━━ Source records ━━

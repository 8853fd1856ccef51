-- ===== src/Transport.antt =====
-- core/net_transport.go and core/tcp_transport.go: what goes over a connection. The codec is the package
-- hashicorp/go-msgpack, a parameter: what it writes for a value, and what it reads off the front of a stream.
-- The errors of the network are parameters too.
pub mod Send
pub mod Receive
pub mod Listen
pub mod Frames
pub mod Carries
pub mod Ends
pub mod Delays
use trebiz.Prelude.{
  ℕ, suc, ◌≤◌, ◌≡◌, refl, List, [], ◌∷◌, ◌++◌, Option, none, some, Bool, true, false, length, ◌==◌,
  if◌then◌else◌, arith,
}
use trebiz.Messages.{
  Bytes, Message, pre_prepare, prepare, commit, prepare_qc, fast_prepare_qc, commit_qc, check_point,
  view_change, view_change_quorum, new_view, view_change_timer, MsgType, pre_prepare_type,
  prepare_type, commit_type, prepare_qc_type, fast_prepare_qc_type, commit_qc_type,
  check_point_type, view_change_type, view_change_quorum_type, new_view_type,
}

-- The number of a message type.
abbrev pub byte_of : MsgType → ℕ
byte_of pre_prepare_type = 0
byte_of prepare_type = 1
byte_of commit_type = 2
byte_of prepare_qc_type = 3
byte_of fast_prepare_qc_type = 4
byte_of commit_qc_type = 5
byte_of check_point_type = 6
byte_of view_change_type = 7
byte_of view_change_quorum_type = 8
byte_of new_view_type = 9

abbrev pub msg_types : List MsgType
msg_types =
    pre_prepare_type ∷ prepare_type ∷ commit_type ∷ prepare_qc_type ∷ fast_prepare_qc_type
    ∷ commit_qc_type ∷ check_point_type ∷ view_change_type ∷ view_change_quorum_type ∷ new_view_type
    ∷ []

abbrev find_type : List MsgType → ℕ → Option MsgType
find_type [] b = none
find_type (ty ∷ rest) b = if byte_of ty == b then some ty else find_type rest b

-- The type of a number, if one has it: the cases of the switch in `handleCommand`.
abbrev pub type_of_byte : ℕ → Option MsgType
type_of_byte b = find_type msg_types b

-- The type that a message is sent under. The timer's event never goes over the network.
abbrev pub type_of : Message → Option MsgType
type_of (pre_prepare _) = some pre_prepare_type
type_of (prepare _) = some prepare_type
type_of (commit _) = some commit_type
type_of (prepare_qc _) = some prepare_qc_type
type_of (fast_prepare_qc _) = some fast_prepare_qc_type
type_of (commit_qc _) = some commit_qc_type
type_of (check_point _) = some check_point_type
type_of (view_change _) = some view_change_type
type_of view_change_quorum = some view_change_quorum_type
type_of (new_view _) = some new_view_type
type_of view_change_timer = none

-- `none` is an error of the codec. Decoding gives the value and what is left of the stream.
pub record Codec : Type 0 where
  pub encode_args : Message → Option Bytes
  pub encode_bytes : Bytes → Option Bytes
  pub decode_args : MsgType → Bytes → Option (Message × Bytes)
  pub decode_bytes : Bytes → Option (Bytes × Bytes)

-- What the code relies on: a value that was written is read back, the next one is left in the stream, and
-- reading does not lengthen the stream.
pub record IsCodec (c : Codec) : Type 0 where
  pub args_back :
      (msg : Message) (ty : MsgType) (b rest : Bytes)
      → type_of msg ≡ some ty
      → c.encode_args msg ≡ some b
      → c.decode_args ty (b ++ rest) ≡ some (msg, rest)
  pub bytes_back :
      (sig b rest : Bytes)
      → c.encode_bytes sig ≡ some b
      → c.decode_bytes (b ++ rest) ≡ some (sig, rest)
  pub args_left :
      (ty : MsgType) (stream rest : Bytes) (msg : Message)
      → c.decode_args ty stream ≡ some (msg, rest)
      → length rest ≤ length stream
  pub bytes_left :
      (stream rest sig : Bytes)
      → c.decode_bytes stream ≡ some (sig, rest)
      → length rest ≤ length stream

pub record MsgWithSig : Type 0 where
  pub command : Message
  pub sig : Bytes

pub type_of_byte-byte_of : (ty : MsgType) → type_of_byte (byte_of ty) ≡ some ty
type_of_byte-byte_of pre_prepare_type = refl
type_of_byte-byte_of prepare_type = refl
type_of_byte-byte_of commit_type = refl
type_of_byte-byte_of prepare_qc_type = refl
type_of_byte-byte_of fast_prepare_qc_type = refl
type_of_byte-byte_of commit_qc_type = refl
type_of_byte-byte_of check_point_type = refl
type_of_byte-byte_of view_change_type = refl
type_of_byte-byte_of view_change_quorum_type = refl
type_of_byte-byte_of new_view_type = refl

━━━

*Task details:*
Word for word, restate each of the records above.

*Task solution:*
repository 8853fd1856ccef51
-- ===== src/Transport.antt =====
-- core/net_transport.go and core/tcp_transport.go: what goes over a connection. The codec is the package
-- hashicorp/go-msgpack, a parameter: what it writes for a value, and what it reads off the front of a stream.
-- The errors of the network are parameters too.
pub mod Send
pub mod Receive
pub mod Listen
pub mod Frames
pub mod Carries
pub mod Ends
pub mod Delays
use trebiz.Prelude.{
  ℕ, suc, ◌≤◌, ◌≡◌, refl, List, [], ◌∷◌, ◌++◌, Option, none, some, Bool, true, false, length, ◌==◌,
  if◌then◌else◌, arith,
}
use trebiz.Messages.{
  Bytes, Message, pre_prepare, prepare, commit, prepare_qc, fast_prepare_qc, commit_qc, check_point,
  view_change, view_change_quorum, new_view, view_change_timer, MsgType, pre_prepare_type,
  prepare_type, commit_type, prepare_qc_type, fast_prepare_qc_type, commit_qc_type,
  check_point_type, view_change_type, view_change_quorum_type, new_view_type,
}

-- The number of a message type.
abbrev pub byte_of : MsgType → ℕ
byte_of pre_prepare_type = 0
byte_of prepare_type = 1
byte_of commit_type = 2
byte_of prepare_qc_type = 3
byte_of fast_prepare_qc_type = 4
byte_of commit_qc_type = 5
byte_of check_point_type = 6
byte_of view_change_type = 7
byte_of view_change_quorum_type = 8
byte_of new_view_type = 9

abbrev pub msg_types : List MsgType
msg_types =
    pre_prepare_type ∷ prepare_type ∷ commit_type ∷ prepare_qc_type ∷ fast_prepare_qc_type
    ∷ commit_qc_type ∷ check_point_type ∷ view_change_type ∷ view_change_quorum_type ∷ new_view_type
    ∷ []

abbrev find_type : List MsgType → ℕ → Option MsgType
find_type [] b = none
find_type (ty ∷ rest) b = if byte_of ty == b then some ty else find_type rest b

-- The type of a number, if one has it: the cases of the switch in `handleCommand`.
abbrev pub type_of_byte : ℕ → Option MsgType
type_of_byte b = find_type msg_types b

-- The type that a message is sent under. The timer's event never goes over the network.
abbrev pub type_of : Message → Option MsgType
type_of (pre_prepare _) = some pre_prepare_type
type_of (prepare _) = some prepare_type
type_of (commit _) = some commit_type
type_of (prepare_qc _) = some prepare_qc_type
type_of (fast_prepare_qc _) = some fast_prepare_qc_type
type_of (commit_qc _) = some commit_qc_type
type_of (check_point _) = some check_point_type
type_of (view_change _) = some view_change_type
type_of view_change_quorum = some view_change_quorum_type
type_of (new_view _) = some new_view_type
type_of view_change_timer = none

-- `none` is an error of the codec. Decoding gives the value and what is left of the stream.
pub record Codec : Type 0 where
  pub encode_args : Message → Option Bytes
  pub encode_bytes : Bytes → Option Bytes
  pub decode_args : MsgType → Bytes → Option (Message × Bytes)
  pub decode_bytes : Bytes → Option (Bytes × Bytes)

-- What the code relies on: a value that was written is read back, the next one is left in the stream, and
-- reading does not lengthen the stream.
pub record IsCodec (c : Codec) : Type 0 where
  pub args_back :
      (msg : Message) (ty : MsgType) (b rest : Bytes)
      → type_of msg ≡ some ty
      → c.encode_args msg ≡ some b
      → c.decode_args ty (b ++ rest) ≡ some (msg, rest)
  pub bytes_back :
      (sig b rest : Bytes)
      → c.encode_bytes sig ≡ some b
      → c.decode_bytes (b ++ rest) ≡ some (sig, rest)
  pub args_left :
      (ty : MsgType) (stream rest : Bytes) (msg : Message)
      → c.decode_args ty stream ≡ some (msg, rest)
      → length rest ≤ length stream
  pub bytes_left :
      (stream rest sig : Bytes)
      → c.decode_bytes stream ≡ some (sig, rest)
      → length rest ≤ length stream

pub record MsgWithSig : Type 0 where
  pub command : Message
  pub sig : Bytes

pub type_of_byte-byte_of : (ty : MsgType) → type_of_byte (byte_of ty) ≡ some ty
type_of_byte-byte_of pre_prepare_type = refl
type_of_byte-byte_of prepare_type = refl
type_of_byte-byte_of commit_type = refl
type_of_byte-byte_of prepare_qc_type = refl
type_of_byte-byte_of fast_prepare_qc_type = refl
type_of_byte-byte_of commit_qc_type = refl
type_of_byte-byte_of check_point_type = refl
type_of_byte-byte_of view_change_type = refl
type_of_byte-byte_of view_change_quorum_type = refl
type_of_byte-byte_of new_view_type = refl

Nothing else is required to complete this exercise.